> _WHAT IS EXPECTED_
Nothing but the lines from the line with "exact_step v m" through the end of the data is to be copied, and each is to be copied exactly.

(RECORD SET Opens)

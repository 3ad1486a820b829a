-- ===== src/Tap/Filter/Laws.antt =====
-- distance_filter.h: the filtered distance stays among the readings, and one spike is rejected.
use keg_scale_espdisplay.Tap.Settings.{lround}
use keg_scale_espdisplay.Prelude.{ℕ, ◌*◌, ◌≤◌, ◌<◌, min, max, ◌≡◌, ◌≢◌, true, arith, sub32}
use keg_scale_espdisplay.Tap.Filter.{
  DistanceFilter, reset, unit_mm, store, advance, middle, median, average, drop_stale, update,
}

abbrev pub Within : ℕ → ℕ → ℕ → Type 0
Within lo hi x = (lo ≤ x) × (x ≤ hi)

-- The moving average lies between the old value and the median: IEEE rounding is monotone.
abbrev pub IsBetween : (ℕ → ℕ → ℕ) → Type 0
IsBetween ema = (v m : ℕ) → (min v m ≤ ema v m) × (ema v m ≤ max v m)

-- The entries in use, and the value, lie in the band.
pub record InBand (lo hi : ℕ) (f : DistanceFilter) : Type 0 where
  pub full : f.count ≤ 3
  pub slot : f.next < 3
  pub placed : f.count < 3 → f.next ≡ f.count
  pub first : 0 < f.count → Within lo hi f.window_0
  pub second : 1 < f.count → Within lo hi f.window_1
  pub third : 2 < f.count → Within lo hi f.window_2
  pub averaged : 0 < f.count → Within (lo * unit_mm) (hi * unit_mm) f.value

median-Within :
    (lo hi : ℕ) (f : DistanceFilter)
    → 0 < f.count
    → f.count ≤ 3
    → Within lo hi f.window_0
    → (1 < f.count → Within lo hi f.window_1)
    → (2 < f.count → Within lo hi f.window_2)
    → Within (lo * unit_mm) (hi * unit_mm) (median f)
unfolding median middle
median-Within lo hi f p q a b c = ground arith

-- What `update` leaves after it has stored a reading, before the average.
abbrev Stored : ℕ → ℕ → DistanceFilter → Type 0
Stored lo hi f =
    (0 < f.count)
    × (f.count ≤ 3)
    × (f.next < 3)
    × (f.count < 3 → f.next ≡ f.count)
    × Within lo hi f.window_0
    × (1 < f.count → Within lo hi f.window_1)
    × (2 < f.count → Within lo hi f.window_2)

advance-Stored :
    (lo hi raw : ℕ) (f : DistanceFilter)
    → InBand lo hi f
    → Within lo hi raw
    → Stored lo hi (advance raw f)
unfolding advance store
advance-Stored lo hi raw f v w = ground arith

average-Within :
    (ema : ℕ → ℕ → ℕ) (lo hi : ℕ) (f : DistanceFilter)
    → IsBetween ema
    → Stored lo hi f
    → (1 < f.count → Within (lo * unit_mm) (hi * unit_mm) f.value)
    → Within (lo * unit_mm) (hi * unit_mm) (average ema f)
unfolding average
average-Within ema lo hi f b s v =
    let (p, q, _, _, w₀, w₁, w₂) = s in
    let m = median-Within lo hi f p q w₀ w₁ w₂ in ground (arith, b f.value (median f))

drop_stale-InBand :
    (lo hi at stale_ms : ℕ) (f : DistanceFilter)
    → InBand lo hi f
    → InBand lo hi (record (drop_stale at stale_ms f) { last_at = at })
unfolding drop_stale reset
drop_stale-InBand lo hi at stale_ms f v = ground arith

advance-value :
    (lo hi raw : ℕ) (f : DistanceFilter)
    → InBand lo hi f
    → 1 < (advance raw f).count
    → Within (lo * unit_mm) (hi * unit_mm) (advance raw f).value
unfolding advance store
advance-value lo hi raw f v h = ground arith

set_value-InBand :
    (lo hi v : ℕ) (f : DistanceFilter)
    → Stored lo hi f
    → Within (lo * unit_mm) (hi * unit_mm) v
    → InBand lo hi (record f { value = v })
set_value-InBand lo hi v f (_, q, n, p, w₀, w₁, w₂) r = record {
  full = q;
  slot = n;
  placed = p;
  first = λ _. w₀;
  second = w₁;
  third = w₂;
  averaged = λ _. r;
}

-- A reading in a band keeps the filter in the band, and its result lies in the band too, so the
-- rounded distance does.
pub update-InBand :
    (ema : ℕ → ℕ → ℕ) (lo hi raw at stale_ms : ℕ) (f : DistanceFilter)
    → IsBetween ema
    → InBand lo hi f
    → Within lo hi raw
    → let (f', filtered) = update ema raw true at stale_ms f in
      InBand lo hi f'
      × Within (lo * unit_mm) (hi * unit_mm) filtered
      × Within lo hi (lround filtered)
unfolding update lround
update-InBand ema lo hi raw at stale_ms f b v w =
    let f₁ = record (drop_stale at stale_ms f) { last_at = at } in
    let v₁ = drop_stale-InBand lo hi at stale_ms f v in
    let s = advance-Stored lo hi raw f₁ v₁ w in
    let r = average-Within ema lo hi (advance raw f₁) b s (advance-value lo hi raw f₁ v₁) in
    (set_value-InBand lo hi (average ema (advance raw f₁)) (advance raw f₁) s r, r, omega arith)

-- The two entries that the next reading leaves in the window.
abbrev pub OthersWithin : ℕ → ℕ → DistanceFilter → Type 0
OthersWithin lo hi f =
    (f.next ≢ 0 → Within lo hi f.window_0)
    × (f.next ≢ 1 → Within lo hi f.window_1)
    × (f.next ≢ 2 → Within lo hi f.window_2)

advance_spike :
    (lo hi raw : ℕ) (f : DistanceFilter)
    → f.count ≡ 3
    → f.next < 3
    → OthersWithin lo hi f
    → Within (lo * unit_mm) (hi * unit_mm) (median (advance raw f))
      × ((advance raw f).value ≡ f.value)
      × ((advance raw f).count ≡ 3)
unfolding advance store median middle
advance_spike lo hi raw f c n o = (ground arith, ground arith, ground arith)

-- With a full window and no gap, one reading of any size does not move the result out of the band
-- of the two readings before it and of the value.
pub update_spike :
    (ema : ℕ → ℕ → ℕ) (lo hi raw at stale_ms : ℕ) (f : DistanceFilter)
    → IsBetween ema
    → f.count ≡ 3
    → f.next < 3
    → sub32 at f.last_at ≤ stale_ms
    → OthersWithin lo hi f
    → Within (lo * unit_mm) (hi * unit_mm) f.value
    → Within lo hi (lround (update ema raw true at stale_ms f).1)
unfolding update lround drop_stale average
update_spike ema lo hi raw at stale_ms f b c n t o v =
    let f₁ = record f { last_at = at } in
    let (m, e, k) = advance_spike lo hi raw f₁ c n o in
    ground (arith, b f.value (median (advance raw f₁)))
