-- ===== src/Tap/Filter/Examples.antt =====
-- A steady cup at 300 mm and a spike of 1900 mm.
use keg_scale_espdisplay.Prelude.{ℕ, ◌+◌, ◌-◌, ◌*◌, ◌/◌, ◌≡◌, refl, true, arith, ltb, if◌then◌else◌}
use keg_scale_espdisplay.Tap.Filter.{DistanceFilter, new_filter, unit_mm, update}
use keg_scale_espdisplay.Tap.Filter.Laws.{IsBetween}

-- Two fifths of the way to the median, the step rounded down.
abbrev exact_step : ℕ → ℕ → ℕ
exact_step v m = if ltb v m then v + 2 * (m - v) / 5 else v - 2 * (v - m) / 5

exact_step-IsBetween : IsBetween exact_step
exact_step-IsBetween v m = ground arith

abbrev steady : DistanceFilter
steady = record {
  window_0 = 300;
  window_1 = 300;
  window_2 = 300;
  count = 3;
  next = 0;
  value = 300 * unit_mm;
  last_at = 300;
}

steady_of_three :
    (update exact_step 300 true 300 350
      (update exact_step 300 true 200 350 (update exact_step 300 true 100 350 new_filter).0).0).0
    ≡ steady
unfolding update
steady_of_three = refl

(RECORD SET Closes)

> _EXERCISE RESPONSE_
exact_step v m = if ltb v m then v + 2 * (m - v) / 5 else v - 2 * (v - m) / 5

exact_step-IsBetween : IsBetween exact_step
exact_step-IsBetween v m = ground arith

abbrev steady : DistanceFilter
steady = record {
  window_0 = 300;
  window_1 = 300;
  window_2 = 300;
  count = 3;
  next = 0;
  value = 300 * unit_mm;
  last_at = 300;
}

steady_of_three :
    (update exact_step 300 true 300 350
      (update exact_step 300 true 200 350 (update exact_step 300 true 100 350 new_filter).0).0).0
    ≡ steady
unfolding update
steady_of_three = refl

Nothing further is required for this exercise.